Here is a eggless flapjack
My Son-in-law is allergic to egg whites this one I make for him.
2 cups flour
3 tsp baking powder
4 tsp sugar
2 cups milk
2 Tbsp water
3 Tbsp melted butter
1 tsp vanilla extract


Mix all ingredients.


Heat a lightly oiled pancake pan, griddle or frying pan over medium high heat. Pour approximately 1/4 cup batter into the pan. Cook each side until the golden brown.

Please enjoy MM


----------



## plath (Jul 19, 2010)

I use flaxmeal and water in place of the egg sometimes. 1 tablespoon flax seed powder and 3 tablespoons water.


----------



## amyd (Mar 21, 2005)

I've read that in baking you can substitute banana or applesauce for eggs. I think it would be worth a try in a pancake recipe if you have one that you're partial to.


----------



## Belfrybat (Feb 21, 2003)

You could also just use your regular recipe and use Energ Egg Replacer. A box is pretty cheap and lasts a long time. I used it several years ago and it works very close in baked goods and such to whole eggs.


----------



## calliemoonbeam (Aug 7, 2007)

I was going to recommend flax seed also. Here are the directions I use:

Combine 1 tablespoon of flaxseed meal with 3 tablespoons of water to replace one egg. Let it sit a few minutes before using to thicken up slightly.

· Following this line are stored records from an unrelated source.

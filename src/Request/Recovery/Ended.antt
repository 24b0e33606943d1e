-- ===== src/Request/Recovery/Ended.antt =====
-- core/request/lifecycle.go: the tasks after a restart.
use codex_link_clawbot.Prelude.{
  ltb, if◌then◌else◌, Bool-cases, Fallible-cases, Fallible, ok, filter, any, ◌<◌, ◌≡◌, refl, subst,
  ◌⊎◌, inl, inr, Bool, true, false, ◌&&◌, ◌||◌, not, none, List, [], ◌∷◌, arith,
}
use codex_link_clawbot.Text.{Text}
use codex_link_clawbot.Map.{Map, lookup, get_or, HasDistinctKeys}
use codex_link_clawbot.Request.Types.{state_eq, delivering, succeeded, interrupted, Task, Error}
use codex_link_clawbot.Request.Index.{is_active, tasks_of}
use codex_link_clawbot.Request.Storage.{no_extra, Tables, Store, World}
use codex_link_clawbot.Request.Retention.{has_payload, all_tasks, is_history_over, cleanup}
use codex_link_clawbot.Request.Retention.Sweep.{in_history, cleanup-in_history}
use codex_link_clawbot.Request.Lifecycle.Commit.{save_locked-index}
use codex_link_clawbot.Request.Delivery.{load_result}
use codex_link_clawbot.Request.Recovery.{
  recover_receipt, recover_completion, settle_receipt, recover_active, validate_payload_root,
  recover_task, recover_tasks, recover_owners, recover,
}

-- How a recovered active task ends: as a success when its execution is complete, else interrupted.
recover_active-ends :
    (w : World) (tables : Tables) (t : Task) {t' : Task} {tables' : Tables}
    → recover_active w tables t ≡ ok (t', tables')
    → (t'.state ≡ succeeded) ⊎ ((t'.state ≡ interrupted) × (t.execution_completed_at ≡ 0))
unfolding recover_active
recover_active-ends w tables t {t'} {tables'} h = elim (Fallible-cases (load_result w tables t)) [
  | inl (r, loaded) ↦ elim (Fallible-cases (settle_receipt w t.id r tables)) [
    | inl (kept, settled) ↦ inl (ground arith)
    | inr (e, bad) ↦ absurd (ground arith)
  ]
  | inr (e, missing) ↦ elim (Bool-cases (ltb 0 t.execution_completed_at && t.archive_failed)) [
    | inl archived ↦ inl (ground arith)
    | inr none_left ↦
        elim (Bool-cases (ltb 0 t.execution_completed_at || state_eq t.state delivering)) [
          | inl refused ↦ absurd (ground arith)
          | inr running_only ↦ inr (ground arith, ground arith)
        ]
  ]
]

recover_completion_complete :
    (tables : Tables) (t : Task)
    → ltb 0 t.execution_completed_at ≡ true
    → recover_completion tables t ≡ t
unfolding recover_completion
recover_completion_complete tables t h = ground arith

-- What a round of the recovery makes of a task: the parts that the round chains.
recover_task-parts :
    (w : World) (tables : Tables) (t : Task) {t' : Task} {tables' : Tables}
    → recover_task w tables t ≡ ok (t', tables')
    → (noted : Tables) × ((if is_active (recover_completion noted t).state
          then recover_active w noted (recover_completion noted t)
          else ok (recover_completion noted t, noted))
        ≡ ok (t', tables'))
unfolding recover_task
recover_task-parts w tables t {t'} {tables'} h =
    elim (Fallible-cases (recover_receipt w t tables)) [
      | inr (e, bad) ↦ absurd (ground arith)
      | inl (noted, e) ↦
          let known : Task = recover_completion noted t in
          let end : Fallible Error (Task × Tables) =
            if is_active known.state then recover_active w noted known else ok (known, noted) in
          elim (Fallible-cases end) [
            | inr (x, bad) ↦ absurd (ground arith)
            | inl (ended, done) ↦ (
              noted,
              elim (Bool-cases (has_payload ended.0 w.now)) [
                | inr gone ↦ ground arith
                | inl kept ↦ elim (Fallible-cases (validate_payload_root w ended.1 ended.0)) [
                  | inl (u, good) ↦ ground arith
                  | inr (x, bad) ↦ absurd (ground arith)
                ]
              ],
            )
          ]
    ]

recover_task-idle :
    (w : World) (tables : Tables) (t : Task) {t' : Task} {tables' : Tables}
    → recover_task w tables t ≡ ok (t', tables')
    → is_active t'.state ≡ false
unfolding is_active
recover_task-idle w tables t {t'} {tables'} h =
    let (noted, done) = recover_task-parts w tables t h in
    ground (
      arith,
      recover_active-ends w noted (recover_completion noted t) {t' = t'} {tables' = tables'},
    )

-- An active request whose execution was complete before the restart is a success after it, when
-- its recovery ends well: it is neither interrupted nor run again.
pub recover_task_complete :
    (w : World) (tables : Tables) (t : Task) {t' : Task} {tables' : Tables}
    → is_active t.state ≡ true
    → 0 < t.execution_completed_at
    → recover_task w tables t ≡ ok (t', tables')
    → t'.state ≡ succeeded
recover_task_complete w tables t {t'} {tables'} active complete h =
    let (noted, done) = recover_task-parts w tables t h in
    let same : recover_completion noted t ≡ t =
      recover_completion_complete noted t (ground arith) in
    let ended : recover_active w noted t ≡ ok (t', tables') = ground arith in
    ground (arith, recover_active-ends w noted t ended)

-- Whether some task of a list is active.
abbrev pub has_active : List Task → Bool
has_active ts = any (λ t. is_active t.state) ts

recover_tasks-idle :
    (w : World) (tables : Tables) (ts : List Task) {ts' : List Task} {tables' : Tables}
    → recover_tasks w tables ts ≡ ok (ts', tables')
    → has_active ts' ≡ false
unfolding recover_tasks
recover_tasks-idle w tables [] h = ground arith
recover_tasks-idle w tables (t ∷ ts) {ts'} {tables'} h =
    elim (Fallible-cases (recover_task w tables t)) [
      | inr (e, bad) ↦ absurd (ground arith)
      | inl ((t', mid), one) ↦ elim (Fallible-cases (recover_tasks w mid ts)) [
        | inr (e, bad) ↦ absurd (ground arith)
        | inl ((rest, last), more) ↦
            ground (arith, recover_task-idle w tables t one, recover_tasks-idle w mid ts more)
      ]
    ]

-- The owners after the recovery: none is new, and no list has an active task.
record Idle (old new : Map (List Task)) : Type 0 where
  absent : (o : Text) → lookup o old ≡ none → lookup o new ≡ none
  quiet : (o : Text) → has_active (get_or o [] new) ≡ false
  distinct : HasDistinctKeys old → HasDistinctKeys new

recover_owners-Idle :
    (w : World) (tables : Tables) (m : Map (List Task)) {m' : Map (List Task)} {tables' : Tables}
    → recover_owners w tables m ≡ ok (m', tables')
    → Idle m m'
unfolding recover_owners lookup
recover_owners-Idle w tables [] {m'} h =
    let same : [] ≡ m' = ground arith in
    record {
      absent = λ o e. ground arith;
      quiet = λ o. ground arith;
      distinct = λ d. subst (λ (x : Map (List Task)). HasDistinctKeys x) same d;
    }
recover_owners-Idle w tables ((owner, ts) ∷ m) {m'} {tables'} h =
    elim (Fallible-cases (recover_tasks w tables ts)) [
      | inr (e, bad) ↦ absurd (ground arith)
      | inl ((ts', mid), one) ↦ elim (Fallible-cases (recover_owners w mid m)) [
        | inr (e, bad) ↦ absurd (ground arith)
        | inl ((rest, last), more) ↦
            let later : Idle m rest = recover_owners-Idle w mid m more in
            let same : (owner, ts') ∷ rest ≡ m' = ground arith in
            subst (Idle ((owner, ts) ∷ m)) same (record {
              absent = λ o e. ground (arith, later.absent o);
              quiet = λ o. ground (arith, later.quiet o, recover_tasks-idle w tables ts one);
              distinct = λ d. (later.absent owner d.0, later.distinct d.1);
            })
      ]
    ]

filter-idle :
    (p : Task → Bool) (ts : List Task) → has_active ts ≡ false → has_active (filter p ts) ≡ false
filter-idle p [] h = refl
filter-idle p (t ∷ ts) h = ground (arith, filter-idle p ts)

-- After a restart whose recovery ends well no owner has a running or delivering request, where no
-- owner has two lists before.
pub recover-idle :
    (w : World) (s : Store) (o : Text) {s' : Store}
    → HasDistinctKeys s.index.owners
    → recover w s ≡ ok s'
    → has_active (tasks_of o s'.index) ≡ false
unfolding recover in_history
recover-idle w s o {s'} d h = elim (Fallible-cases (recover_owners w s.tables s.index.owners)) [
  | inr (e, bad) ↦ absurd (ground arith)
  | inl ((owners, tables), recovered) ↦
      let ended : Store = record s {
        index = record (s.index) { owners = owners };
        tables = tables;
      } in
      let idle : Idle s.index.owners owners =
        recover_owners-Idle w s.tables s.index.owners recovered in
      let swept : Store = (cleanup w ended).0 in
      elim (Fallible-cases (cleanup w ended).1) [
        | inr (e, bad) ↦ absurd (ground arith)
        | inl (u, done) ↦
            let clean : cleanup w ended ≡ (swept, ok tt) = ground arith in
            let kept : tasks_of o swept.index ≡ in_history w.now (tasks_of o ended.index) =
              cleanup-in_history w ended o (idle.distinct d) clean in
            let quiet : has_active (tasks_of o swept.index) ≡ false = ground (
              arith,
              kept,
              idle.quiet o,
              filter-idle (λ t. not (is_history_over w.now t)) (tasks_of o ended.index),
            ) in
            elim (Bool-cases (any (λ t. is_active t.state) (all_tasks s.index.owners))) [
              | inr same ↦ ground arith
              | inl changed ↦
                  ground (arith, quiet, save_locked-index w.commit no_extra swept {s' = s'})
            ]
      ]
]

Here's how to substitute water, oil and baking powder. Though I've never tried it, it sounds like it would work fine:

For egg replacement, mix 2 tablespoons water mixed with 1 tablespoon of oil and 2 teaspoons of baking powder. Mix together well before adding.

I just now found this tip:

It is possible to make pancakes without eggs. In fact, any flat baked product that requires only 1-2 eggs can usually survive without an egg with no problems. The main thing is to substitute a little extra liquid (1-2 tablespoons) to make up for the egg's removal.

Good luck! I'm sure both girls will be tickled.


----------



## stirfamily (Jun 18, 2002)

Thanks everyone for the recipes and ideas. I always have flaxseed and ground flaxseed in the pantry. Never thought of using that. The girls will be so tickled that now they both can have pancakes!


----------



## oregon woodsmok (Dec 19, 2010)

If the eggs don't actually make her deathly ill, you might try her with duck eggs. You'd think that eggs are eggs, but many people who are allergic to chicken eggs can eat duck eggs.

Use come common sense. If eggs put her into anaphilactic shock, it's not worth the risk of trying duck eggs, just on the small chance that she is allergic to them, too.

At one time, I had a nice little business selling duck eggs to people who were allergic to chicken eggs.


----------



## Evons hubby (Oct 3, 2005)

If I dont have eggs, and want pancakes, I just add an extra teaspoon of baking powder, a bit more milk to my regular recipe and they come out fine.


----------



## Tirzah (May 19, 2006)

You can also substitute one heaping Tablespoon Soy Flour and one Tablespoon water per egg


----------